WORK REQUEST: Scan the entries for the word "required", and copy every line where it appears.

DATA FOR THE TASK:
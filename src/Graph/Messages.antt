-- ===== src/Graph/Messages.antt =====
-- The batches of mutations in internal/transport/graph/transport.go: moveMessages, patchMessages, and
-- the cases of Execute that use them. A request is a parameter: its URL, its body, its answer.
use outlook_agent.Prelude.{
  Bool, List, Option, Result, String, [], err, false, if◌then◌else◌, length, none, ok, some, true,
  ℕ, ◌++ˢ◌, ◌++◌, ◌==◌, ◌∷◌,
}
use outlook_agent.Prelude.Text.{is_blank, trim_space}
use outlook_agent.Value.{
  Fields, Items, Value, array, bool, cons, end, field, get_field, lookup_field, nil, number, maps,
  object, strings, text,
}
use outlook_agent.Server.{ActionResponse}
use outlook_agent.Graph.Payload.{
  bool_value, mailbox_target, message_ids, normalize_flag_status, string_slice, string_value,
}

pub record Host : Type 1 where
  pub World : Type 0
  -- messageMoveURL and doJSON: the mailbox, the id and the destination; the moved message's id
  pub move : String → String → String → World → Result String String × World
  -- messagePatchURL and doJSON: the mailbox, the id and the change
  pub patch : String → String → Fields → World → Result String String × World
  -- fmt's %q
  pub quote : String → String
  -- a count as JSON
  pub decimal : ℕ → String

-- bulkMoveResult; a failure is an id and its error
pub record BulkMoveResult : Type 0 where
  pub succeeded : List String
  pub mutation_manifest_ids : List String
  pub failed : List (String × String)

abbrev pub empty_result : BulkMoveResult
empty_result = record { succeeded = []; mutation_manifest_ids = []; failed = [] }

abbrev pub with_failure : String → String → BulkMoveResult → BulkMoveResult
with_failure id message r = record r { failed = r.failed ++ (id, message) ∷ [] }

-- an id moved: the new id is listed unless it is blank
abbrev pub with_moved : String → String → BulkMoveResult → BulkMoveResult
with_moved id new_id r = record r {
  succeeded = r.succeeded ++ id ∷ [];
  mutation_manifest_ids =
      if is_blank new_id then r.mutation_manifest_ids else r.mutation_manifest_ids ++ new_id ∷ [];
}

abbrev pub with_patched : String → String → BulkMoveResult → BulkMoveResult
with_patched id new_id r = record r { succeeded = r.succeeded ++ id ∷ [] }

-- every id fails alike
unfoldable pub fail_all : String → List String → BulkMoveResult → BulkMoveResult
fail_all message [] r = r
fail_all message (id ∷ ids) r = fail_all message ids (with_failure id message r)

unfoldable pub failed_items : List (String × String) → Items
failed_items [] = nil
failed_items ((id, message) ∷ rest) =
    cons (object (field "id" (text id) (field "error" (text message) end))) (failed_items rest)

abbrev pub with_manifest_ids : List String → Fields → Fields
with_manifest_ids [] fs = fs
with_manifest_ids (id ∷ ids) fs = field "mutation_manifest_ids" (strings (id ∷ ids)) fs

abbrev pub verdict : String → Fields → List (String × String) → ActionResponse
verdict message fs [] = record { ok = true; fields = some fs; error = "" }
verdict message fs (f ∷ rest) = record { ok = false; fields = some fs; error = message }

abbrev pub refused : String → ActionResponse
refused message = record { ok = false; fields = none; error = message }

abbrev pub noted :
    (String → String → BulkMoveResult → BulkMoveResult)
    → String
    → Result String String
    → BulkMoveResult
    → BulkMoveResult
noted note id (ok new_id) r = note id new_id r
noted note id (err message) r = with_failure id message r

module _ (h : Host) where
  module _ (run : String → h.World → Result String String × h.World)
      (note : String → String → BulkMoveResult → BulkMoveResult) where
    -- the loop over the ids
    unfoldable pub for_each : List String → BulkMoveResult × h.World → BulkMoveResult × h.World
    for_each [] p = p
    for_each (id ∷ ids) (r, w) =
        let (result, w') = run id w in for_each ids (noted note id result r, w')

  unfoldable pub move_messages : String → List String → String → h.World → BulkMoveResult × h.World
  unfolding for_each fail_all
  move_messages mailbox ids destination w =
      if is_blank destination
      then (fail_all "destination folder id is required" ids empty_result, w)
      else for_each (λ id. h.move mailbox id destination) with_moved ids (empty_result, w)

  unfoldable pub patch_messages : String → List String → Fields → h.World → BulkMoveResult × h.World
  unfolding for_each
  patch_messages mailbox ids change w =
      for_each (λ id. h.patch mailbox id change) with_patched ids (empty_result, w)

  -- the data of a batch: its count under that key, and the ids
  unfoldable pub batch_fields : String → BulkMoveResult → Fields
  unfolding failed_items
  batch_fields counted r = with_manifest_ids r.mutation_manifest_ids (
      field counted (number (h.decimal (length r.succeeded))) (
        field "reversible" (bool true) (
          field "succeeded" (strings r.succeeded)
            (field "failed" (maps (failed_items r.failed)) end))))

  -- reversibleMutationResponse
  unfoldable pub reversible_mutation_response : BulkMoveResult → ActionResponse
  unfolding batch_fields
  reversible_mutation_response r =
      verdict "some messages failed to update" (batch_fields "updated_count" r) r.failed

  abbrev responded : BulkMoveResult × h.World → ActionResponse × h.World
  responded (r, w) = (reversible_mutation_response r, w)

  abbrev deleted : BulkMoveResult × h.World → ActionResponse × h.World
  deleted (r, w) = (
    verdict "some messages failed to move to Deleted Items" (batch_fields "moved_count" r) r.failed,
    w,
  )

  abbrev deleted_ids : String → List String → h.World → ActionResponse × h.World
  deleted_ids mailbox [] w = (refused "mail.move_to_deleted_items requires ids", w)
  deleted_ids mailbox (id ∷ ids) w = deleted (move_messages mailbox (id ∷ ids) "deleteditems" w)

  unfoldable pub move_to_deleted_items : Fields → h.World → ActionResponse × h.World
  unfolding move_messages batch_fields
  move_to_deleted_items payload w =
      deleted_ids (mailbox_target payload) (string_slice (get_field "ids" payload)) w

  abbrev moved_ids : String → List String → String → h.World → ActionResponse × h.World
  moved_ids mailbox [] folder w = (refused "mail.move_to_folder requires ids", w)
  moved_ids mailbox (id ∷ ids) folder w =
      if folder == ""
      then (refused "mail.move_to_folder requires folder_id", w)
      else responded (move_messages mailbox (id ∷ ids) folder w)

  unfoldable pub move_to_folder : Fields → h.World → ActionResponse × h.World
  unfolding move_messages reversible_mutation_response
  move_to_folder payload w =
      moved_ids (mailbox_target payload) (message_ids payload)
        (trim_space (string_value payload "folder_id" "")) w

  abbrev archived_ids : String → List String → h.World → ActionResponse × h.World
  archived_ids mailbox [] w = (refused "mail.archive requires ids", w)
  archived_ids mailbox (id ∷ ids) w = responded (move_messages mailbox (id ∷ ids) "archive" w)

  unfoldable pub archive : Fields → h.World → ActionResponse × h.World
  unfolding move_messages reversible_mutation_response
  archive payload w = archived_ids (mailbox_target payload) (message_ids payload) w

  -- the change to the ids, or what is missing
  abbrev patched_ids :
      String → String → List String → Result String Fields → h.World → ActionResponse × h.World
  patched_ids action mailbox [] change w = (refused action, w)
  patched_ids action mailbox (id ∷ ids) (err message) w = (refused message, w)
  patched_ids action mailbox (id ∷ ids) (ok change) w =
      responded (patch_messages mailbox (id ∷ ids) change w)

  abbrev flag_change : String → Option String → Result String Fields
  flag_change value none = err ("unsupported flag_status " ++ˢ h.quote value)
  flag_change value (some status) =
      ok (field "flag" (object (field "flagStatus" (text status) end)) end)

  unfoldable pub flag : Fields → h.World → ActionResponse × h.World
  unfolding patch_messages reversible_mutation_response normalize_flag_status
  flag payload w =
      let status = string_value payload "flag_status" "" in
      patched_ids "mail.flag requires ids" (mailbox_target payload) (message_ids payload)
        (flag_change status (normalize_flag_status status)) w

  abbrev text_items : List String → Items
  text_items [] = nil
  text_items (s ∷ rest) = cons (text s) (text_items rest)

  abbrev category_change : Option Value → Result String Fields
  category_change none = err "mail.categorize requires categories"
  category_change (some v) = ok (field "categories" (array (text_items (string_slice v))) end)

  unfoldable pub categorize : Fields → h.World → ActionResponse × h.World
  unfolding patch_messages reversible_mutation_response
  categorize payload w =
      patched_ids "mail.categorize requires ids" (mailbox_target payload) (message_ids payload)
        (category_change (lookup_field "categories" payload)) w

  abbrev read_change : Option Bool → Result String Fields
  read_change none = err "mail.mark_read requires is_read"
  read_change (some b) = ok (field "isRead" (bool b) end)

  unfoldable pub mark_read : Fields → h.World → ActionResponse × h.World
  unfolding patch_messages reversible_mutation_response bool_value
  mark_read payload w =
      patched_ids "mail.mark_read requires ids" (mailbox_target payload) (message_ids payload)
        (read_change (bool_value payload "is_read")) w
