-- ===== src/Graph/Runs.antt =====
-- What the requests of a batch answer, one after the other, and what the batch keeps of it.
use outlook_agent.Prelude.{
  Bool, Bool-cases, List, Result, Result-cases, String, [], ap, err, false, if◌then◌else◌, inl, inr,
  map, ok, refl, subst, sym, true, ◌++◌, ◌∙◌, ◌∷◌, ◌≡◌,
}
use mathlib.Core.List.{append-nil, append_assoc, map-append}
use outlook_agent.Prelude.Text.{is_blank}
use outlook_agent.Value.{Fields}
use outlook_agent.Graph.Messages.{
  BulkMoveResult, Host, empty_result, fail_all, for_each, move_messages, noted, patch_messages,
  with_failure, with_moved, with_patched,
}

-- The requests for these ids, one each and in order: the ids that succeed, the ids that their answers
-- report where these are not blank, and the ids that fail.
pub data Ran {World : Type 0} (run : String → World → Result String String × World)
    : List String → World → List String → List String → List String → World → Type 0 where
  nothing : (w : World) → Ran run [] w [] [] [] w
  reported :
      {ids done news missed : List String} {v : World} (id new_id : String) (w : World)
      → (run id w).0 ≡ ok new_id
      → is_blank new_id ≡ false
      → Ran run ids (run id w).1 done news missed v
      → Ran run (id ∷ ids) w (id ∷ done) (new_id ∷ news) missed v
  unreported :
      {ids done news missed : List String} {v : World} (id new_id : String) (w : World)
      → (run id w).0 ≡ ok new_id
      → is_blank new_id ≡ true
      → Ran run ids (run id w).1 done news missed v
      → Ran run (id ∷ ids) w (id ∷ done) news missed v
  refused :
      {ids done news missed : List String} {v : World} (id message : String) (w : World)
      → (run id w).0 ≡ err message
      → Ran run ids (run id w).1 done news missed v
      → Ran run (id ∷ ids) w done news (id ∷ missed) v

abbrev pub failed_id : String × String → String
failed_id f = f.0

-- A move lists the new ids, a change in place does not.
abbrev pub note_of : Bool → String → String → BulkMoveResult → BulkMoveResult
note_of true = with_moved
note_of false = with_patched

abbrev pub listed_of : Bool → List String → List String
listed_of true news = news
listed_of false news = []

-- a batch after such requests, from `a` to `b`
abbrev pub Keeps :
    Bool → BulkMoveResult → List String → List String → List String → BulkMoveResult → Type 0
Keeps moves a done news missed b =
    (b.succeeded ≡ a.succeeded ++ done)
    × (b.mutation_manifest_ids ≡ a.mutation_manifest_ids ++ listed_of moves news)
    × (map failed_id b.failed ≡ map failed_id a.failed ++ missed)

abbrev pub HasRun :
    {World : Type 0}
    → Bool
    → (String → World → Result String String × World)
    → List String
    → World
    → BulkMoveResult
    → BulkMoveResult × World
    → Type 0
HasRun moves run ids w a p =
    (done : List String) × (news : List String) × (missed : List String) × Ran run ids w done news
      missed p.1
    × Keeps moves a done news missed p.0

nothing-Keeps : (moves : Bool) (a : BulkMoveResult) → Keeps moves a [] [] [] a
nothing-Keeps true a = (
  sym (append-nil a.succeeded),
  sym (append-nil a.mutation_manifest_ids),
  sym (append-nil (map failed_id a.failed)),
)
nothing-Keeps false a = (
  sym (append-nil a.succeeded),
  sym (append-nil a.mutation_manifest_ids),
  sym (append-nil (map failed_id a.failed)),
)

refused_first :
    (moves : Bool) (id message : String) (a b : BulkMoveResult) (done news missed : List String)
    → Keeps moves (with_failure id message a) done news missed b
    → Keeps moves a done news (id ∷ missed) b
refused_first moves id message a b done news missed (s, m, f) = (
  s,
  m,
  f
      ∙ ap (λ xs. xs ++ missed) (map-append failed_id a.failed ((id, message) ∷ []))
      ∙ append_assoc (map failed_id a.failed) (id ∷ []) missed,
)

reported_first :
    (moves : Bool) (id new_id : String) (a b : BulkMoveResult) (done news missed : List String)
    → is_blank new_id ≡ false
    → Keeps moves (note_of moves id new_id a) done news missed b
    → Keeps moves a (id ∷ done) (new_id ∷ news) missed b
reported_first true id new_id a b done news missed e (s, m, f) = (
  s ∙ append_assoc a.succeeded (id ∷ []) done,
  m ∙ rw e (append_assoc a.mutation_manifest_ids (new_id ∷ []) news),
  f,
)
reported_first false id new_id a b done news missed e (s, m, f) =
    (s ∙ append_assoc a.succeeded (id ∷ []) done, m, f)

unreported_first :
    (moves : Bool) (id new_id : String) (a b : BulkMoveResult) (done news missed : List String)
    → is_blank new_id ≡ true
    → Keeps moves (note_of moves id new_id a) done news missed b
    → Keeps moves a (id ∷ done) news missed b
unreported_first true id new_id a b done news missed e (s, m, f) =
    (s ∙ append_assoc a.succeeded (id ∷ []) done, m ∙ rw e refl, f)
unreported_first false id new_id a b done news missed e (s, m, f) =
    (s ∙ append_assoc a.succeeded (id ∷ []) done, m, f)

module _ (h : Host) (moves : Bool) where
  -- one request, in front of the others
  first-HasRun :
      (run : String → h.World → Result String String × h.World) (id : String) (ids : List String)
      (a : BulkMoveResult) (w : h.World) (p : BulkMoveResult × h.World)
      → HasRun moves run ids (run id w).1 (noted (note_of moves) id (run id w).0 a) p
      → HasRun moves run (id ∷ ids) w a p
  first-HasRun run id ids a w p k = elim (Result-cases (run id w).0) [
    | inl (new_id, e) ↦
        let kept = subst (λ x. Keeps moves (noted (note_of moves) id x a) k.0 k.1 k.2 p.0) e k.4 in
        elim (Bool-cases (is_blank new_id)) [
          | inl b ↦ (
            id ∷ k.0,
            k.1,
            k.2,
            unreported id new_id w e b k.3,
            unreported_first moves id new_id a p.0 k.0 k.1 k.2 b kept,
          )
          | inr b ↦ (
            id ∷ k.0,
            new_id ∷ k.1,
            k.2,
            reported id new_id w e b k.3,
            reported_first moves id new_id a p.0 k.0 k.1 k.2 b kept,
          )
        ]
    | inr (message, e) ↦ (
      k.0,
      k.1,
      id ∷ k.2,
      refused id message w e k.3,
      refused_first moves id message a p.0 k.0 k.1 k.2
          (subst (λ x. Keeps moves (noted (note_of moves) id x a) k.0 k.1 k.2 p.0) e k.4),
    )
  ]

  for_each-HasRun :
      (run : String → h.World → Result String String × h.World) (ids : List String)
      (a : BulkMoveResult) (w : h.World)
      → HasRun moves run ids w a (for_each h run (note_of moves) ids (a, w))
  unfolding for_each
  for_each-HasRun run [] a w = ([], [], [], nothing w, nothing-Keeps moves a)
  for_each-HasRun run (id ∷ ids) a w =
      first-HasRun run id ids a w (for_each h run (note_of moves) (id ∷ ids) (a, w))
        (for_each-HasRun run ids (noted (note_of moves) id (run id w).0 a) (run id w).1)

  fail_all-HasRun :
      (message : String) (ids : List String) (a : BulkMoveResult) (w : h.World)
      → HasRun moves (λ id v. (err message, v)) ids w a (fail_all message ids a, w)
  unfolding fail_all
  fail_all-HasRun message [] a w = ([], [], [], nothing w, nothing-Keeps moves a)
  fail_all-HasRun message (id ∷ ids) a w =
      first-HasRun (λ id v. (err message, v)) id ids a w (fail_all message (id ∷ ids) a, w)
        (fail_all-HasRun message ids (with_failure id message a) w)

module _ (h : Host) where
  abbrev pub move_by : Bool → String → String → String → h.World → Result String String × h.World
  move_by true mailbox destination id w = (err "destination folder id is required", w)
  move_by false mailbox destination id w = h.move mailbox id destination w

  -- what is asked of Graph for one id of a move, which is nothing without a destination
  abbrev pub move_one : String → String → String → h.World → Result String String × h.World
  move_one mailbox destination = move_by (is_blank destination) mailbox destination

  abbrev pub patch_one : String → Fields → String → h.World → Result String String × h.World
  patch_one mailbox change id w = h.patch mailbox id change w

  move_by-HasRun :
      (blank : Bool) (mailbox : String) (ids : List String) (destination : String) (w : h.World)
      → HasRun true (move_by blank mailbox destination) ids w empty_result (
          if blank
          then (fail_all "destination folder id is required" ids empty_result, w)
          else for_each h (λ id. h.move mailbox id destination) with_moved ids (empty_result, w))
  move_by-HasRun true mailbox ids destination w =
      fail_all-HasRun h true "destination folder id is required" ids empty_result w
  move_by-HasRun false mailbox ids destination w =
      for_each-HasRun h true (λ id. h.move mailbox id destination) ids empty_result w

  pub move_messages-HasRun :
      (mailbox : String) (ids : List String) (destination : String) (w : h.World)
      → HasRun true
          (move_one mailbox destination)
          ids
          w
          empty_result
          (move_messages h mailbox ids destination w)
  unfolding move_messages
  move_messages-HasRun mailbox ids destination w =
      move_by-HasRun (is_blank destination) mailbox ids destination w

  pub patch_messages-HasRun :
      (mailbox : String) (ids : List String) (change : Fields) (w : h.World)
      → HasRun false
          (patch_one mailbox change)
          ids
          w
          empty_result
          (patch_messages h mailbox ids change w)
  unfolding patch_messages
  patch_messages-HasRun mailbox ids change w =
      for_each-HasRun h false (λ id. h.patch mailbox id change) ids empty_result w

FINISHED TASK:
      then (fail_all "destination folder id is required" ids empty_result, w)
  move_by true mailbox destination id w = (err "destination folder id is required", w)
          then (fail_all "destination folder id is required" ids empty_result, w)
      fail_all-HasRun h true "destination folder id is required" ids empty_result w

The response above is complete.